-- Raw data follows --

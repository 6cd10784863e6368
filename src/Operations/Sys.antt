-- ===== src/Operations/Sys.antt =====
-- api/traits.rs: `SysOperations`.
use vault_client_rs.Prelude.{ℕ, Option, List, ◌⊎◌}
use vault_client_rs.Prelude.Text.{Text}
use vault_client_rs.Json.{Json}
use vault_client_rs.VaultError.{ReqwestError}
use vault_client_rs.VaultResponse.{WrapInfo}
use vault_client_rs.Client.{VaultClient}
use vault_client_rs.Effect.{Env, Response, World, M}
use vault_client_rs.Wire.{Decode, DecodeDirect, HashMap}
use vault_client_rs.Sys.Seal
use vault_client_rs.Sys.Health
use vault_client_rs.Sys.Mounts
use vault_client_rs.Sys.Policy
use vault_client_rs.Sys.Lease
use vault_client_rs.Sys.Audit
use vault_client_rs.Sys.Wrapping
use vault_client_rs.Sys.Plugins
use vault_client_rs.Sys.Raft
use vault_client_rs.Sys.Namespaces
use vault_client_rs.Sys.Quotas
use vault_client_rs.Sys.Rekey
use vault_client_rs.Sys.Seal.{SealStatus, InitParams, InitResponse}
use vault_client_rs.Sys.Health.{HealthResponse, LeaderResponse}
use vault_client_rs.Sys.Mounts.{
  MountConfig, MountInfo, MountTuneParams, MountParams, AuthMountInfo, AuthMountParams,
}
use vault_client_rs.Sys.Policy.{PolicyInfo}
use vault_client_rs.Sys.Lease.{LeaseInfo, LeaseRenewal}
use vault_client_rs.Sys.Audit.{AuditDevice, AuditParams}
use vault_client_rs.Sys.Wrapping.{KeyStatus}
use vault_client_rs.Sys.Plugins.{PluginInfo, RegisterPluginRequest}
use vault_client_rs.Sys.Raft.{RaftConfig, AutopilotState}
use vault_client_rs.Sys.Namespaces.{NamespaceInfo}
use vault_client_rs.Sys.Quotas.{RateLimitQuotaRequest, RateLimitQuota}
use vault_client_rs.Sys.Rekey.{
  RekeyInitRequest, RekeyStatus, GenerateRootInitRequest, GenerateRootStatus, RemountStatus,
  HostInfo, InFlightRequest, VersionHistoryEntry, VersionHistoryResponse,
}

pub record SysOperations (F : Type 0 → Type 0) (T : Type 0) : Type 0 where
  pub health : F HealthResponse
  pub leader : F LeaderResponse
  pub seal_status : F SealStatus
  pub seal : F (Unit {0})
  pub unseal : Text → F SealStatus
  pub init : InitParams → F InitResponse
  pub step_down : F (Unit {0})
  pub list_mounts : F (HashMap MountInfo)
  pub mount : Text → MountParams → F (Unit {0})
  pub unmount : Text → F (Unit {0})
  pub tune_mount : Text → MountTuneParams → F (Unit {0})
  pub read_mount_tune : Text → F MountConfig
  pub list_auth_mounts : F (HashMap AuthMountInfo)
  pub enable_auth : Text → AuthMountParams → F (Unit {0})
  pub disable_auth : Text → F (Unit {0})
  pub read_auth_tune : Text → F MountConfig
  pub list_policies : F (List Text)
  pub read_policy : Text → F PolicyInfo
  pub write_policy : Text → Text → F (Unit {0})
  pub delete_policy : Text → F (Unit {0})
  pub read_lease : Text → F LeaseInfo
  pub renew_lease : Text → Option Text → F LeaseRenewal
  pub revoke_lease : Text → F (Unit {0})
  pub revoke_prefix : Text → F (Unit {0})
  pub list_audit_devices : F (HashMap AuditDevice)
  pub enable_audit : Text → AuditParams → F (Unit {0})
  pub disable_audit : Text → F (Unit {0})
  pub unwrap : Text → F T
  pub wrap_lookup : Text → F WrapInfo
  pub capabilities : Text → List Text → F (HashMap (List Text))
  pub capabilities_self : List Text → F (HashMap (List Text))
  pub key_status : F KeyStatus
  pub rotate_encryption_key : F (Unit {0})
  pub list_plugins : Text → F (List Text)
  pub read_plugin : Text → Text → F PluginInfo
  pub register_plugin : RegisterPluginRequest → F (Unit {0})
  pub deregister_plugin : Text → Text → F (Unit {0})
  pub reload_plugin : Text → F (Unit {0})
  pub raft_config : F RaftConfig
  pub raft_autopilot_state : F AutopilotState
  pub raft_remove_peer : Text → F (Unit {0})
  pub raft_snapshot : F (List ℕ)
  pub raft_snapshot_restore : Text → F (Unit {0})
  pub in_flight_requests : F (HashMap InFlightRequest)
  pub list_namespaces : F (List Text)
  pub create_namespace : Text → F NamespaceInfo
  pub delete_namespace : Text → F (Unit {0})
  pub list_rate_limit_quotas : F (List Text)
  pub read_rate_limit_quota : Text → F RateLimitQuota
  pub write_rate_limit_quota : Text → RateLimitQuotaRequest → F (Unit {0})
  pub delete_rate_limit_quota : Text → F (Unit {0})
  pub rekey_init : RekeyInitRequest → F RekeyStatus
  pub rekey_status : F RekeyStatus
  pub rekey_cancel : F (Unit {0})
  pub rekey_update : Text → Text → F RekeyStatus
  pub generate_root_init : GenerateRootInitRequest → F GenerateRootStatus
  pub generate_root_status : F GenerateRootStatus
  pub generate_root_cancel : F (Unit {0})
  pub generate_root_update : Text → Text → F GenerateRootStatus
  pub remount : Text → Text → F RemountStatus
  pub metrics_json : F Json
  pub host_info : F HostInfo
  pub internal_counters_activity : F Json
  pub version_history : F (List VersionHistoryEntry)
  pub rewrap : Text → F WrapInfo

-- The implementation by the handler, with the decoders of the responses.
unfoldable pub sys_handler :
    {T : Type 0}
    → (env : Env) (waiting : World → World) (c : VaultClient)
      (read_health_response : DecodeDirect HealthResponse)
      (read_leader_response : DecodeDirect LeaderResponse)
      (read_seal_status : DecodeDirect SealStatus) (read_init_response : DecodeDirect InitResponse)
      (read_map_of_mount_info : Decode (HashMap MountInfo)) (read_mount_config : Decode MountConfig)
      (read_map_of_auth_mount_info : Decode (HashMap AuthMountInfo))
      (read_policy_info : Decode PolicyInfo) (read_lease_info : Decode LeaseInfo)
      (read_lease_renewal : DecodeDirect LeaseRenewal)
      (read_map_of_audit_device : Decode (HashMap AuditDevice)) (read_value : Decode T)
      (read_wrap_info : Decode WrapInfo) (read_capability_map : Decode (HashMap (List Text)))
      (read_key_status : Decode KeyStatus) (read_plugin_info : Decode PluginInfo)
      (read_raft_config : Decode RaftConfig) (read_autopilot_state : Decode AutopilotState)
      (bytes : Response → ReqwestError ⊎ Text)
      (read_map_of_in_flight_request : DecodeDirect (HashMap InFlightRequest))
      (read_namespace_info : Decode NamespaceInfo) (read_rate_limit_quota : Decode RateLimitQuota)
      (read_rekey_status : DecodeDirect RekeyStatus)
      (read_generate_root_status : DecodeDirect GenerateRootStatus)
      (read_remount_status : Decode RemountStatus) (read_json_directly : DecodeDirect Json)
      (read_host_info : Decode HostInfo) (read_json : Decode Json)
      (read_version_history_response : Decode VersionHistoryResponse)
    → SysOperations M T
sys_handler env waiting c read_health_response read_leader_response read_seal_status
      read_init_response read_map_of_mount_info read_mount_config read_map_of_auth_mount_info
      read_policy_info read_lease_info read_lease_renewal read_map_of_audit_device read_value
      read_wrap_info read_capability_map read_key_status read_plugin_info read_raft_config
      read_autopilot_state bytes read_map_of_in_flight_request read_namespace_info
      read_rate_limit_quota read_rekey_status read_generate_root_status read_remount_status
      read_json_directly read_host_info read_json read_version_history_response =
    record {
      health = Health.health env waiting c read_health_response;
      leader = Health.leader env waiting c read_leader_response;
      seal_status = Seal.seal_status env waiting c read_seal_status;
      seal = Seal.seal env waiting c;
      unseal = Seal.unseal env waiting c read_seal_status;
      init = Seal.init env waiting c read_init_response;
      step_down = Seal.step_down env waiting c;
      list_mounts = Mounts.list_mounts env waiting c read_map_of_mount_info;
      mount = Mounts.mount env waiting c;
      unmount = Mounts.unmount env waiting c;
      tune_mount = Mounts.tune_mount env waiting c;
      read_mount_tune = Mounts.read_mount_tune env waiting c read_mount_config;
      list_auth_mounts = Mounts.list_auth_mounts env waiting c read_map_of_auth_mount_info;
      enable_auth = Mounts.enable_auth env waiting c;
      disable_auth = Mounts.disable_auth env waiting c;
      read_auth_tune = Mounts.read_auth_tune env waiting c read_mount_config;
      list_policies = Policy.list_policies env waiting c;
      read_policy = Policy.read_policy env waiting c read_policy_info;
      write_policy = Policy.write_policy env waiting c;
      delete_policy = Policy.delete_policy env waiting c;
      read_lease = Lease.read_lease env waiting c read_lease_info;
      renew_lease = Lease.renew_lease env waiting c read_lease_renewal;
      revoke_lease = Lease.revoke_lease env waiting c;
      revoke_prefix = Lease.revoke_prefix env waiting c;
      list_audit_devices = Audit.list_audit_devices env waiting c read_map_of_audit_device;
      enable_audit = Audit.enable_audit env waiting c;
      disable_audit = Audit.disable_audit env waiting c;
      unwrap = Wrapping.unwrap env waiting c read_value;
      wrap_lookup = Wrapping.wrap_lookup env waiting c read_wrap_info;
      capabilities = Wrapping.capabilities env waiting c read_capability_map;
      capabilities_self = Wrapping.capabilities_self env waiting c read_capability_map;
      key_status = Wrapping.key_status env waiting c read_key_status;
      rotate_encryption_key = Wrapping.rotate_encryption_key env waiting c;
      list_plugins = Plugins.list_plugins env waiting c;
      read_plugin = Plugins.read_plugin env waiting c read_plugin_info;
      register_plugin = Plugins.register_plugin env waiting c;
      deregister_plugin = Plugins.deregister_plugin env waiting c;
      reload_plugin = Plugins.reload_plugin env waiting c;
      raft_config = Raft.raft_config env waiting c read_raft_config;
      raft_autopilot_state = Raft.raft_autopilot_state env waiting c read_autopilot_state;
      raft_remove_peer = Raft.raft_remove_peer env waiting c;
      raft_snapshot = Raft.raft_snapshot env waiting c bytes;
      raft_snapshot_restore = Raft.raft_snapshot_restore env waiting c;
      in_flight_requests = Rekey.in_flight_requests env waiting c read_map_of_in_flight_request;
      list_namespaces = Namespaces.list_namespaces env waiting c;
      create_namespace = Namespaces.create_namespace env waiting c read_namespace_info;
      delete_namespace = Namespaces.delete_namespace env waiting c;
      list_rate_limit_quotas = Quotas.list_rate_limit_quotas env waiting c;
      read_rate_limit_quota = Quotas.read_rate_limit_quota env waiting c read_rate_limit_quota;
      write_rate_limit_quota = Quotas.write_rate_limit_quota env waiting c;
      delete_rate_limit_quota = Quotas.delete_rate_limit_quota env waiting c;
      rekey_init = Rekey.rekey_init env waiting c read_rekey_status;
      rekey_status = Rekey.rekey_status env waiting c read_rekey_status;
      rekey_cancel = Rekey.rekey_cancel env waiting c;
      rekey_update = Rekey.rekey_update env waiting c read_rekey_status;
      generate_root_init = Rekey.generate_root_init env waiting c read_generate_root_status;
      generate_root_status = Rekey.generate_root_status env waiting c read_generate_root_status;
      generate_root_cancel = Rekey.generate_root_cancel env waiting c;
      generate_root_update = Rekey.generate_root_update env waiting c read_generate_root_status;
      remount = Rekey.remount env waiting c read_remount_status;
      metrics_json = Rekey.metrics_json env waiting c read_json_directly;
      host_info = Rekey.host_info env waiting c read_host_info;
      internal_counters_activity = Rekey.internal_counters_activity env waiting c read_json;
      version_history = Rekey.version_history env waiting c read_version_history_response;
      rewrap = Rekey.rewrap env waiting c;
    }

-- Raw data concluded --

Required work - When you reach the line holding "pub list_rate_limit_quotas : F (List Text)" in the records above, begin reproducing exactly, stop after the line holding "pub generate_root_cancel : F", and output nothing else.

Answer below -
  pub list_rate_limit_quotas : F (List Text)
  pub read_rate_limit_quota : Text → F RateLimitQuota
  pub write_rate_limit_quota : Text → RateLimitQuotaRequest → F (Unit {0})
  pub delete_rate_limit_quota : Text → F (Unit {0})
  pub rekey_init : RekeyInitRequest → F RekeyStatus
  pub rekey_status : F RekeyStatus
  pub rekey_cancel : F (Unit {0})
  pub rekey_update : Text → Text → F RekeyStatus
  pub generate_root_init : GenerateRootInitRequest → F GenerateRootStatus
  pub generate_root_status : F GenerateRootStatus
  pub generate_root_cancel : F (Unit {0})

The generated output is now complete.